WORK REQUEST:
Copy each line from the entries that the word "FrameEvent" appears in.

*** Opening SOURCE INFORMATION ***

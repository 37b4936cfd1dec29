-- ===== src/Tests/App.antt =====
-- The application layer at concrete inputs.
use can_bridge_daemon.Prelude.{
  ◌≡◌, ◌↔◌, refl, true, false, none, some, [], ◌∷◌, All, map, ok, err, arith,
}
use can_bridge_daemon.Text.{as_bytes, from_utf8}
use can_bridge_daemon.Text.Utf8.{IsByte}
use can_bridge_daemon.Protocol.{FrameFilter}
use can_bridge_daemon.Frame.{FrameEvent, Direction}
use can_bridge_daemon.Hex.{
  hex_digits, bytes_to_hex_lower, filter_whitespace, val, hex_pairs, hex_to_bytes, invalid_char,
  odd_length,
}
use can_bridge_daemon.Hex.RoundTrip.{
  hex_to_bytes-bytes_to_hex_lower, hex_to_bytes_inv, to_ascii_lowercase,
}
use can_bridge_daemon.Subscription.Filters.{frame_matches_filter, Matches, frame_matches_filter_iff}

hex_mixed : hex_to_bytes "0A ff\n" ≡ ok (10 ∷ 255 ∷ [])
unfolding hex_to_bytes hex_pairs val filter_whitespace as_bytes
hex_mixed = refl

hex_odd : hex_to_bytes "0A f" ≡ err odd_length
unfolding hex_to_bytes hex_pairs val filter_whitespace as_bytes
hex_odd = refl

hex_bad : hex_to_bytes "0g" ≡ err (invalid_char 103)
unfolding hex_to_bytes hex_pairs val filter_whitespace as_bytes
hex_bad = refl

hex_shown : bytes_to_hex_lower (10 ∷ 255 ∷ []) ≡ "0aff"
unfolding bytes_to_hex_lower from_utf8
hex_shown = refl

hex_to_bytes-bytes_to_hex_lower_example :
    hex_to_bytes (bytes_to_hex_lower (10 ∷ 255 ∷ [])) ≡ ok (10 ∷ 255 ∷ [])
hex_to_bytes-bytes_to_hex_lower_example =
    hex_to_bytes-bytes_to_hex_lower (10 ∷ 255 ∷ []) (omega arith)

hex_to_bytes_inv_example :
    (hex_digits (10 ∷ 255 ∷ []) ≡ map to_ascii_lowercase (as_bytes (filter_whitespace "0A ff\n")))
    × All IsByte (10 ∷ 255 ∷ [])
hex_to_bytes_inv_example = hex_to_bytes_inv "0A ff\n" (10 ∷ 255 ∷ []) hex_mixed

abbrev event : FrameEvent
event = record {
  ts_ms = 5;
  iface = "can1";
  dir = Direction.rx;
  id = 0x7E8;
  is_fd = false;
  bytes = 1 ∷ [];
}

abbrev obd : FrameFilter
obd = record {
  iface = none;
  id = some 0x7E0;
  id_mask = some 0x7F0;
  is_fd = none;
  min_len = some 1;
  max_len = none;
}

obd_matches : frame_matches_filter event obd ≡ true
unfolding frame_matches_filter
obd_matches = refl

frame_matches_filter_iff_example : (frame_matches_filter event obd ≡ true) ↔ Matches event obd
frame_matches_filter_iff_example = frame_matches_filter_iff event obd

*** Closing SOURCE INFORMATION ***

SOLUTION:
use can_bridge_daemon.Frame.{FrameEvent, Direction}
abbrev event : FrameEvent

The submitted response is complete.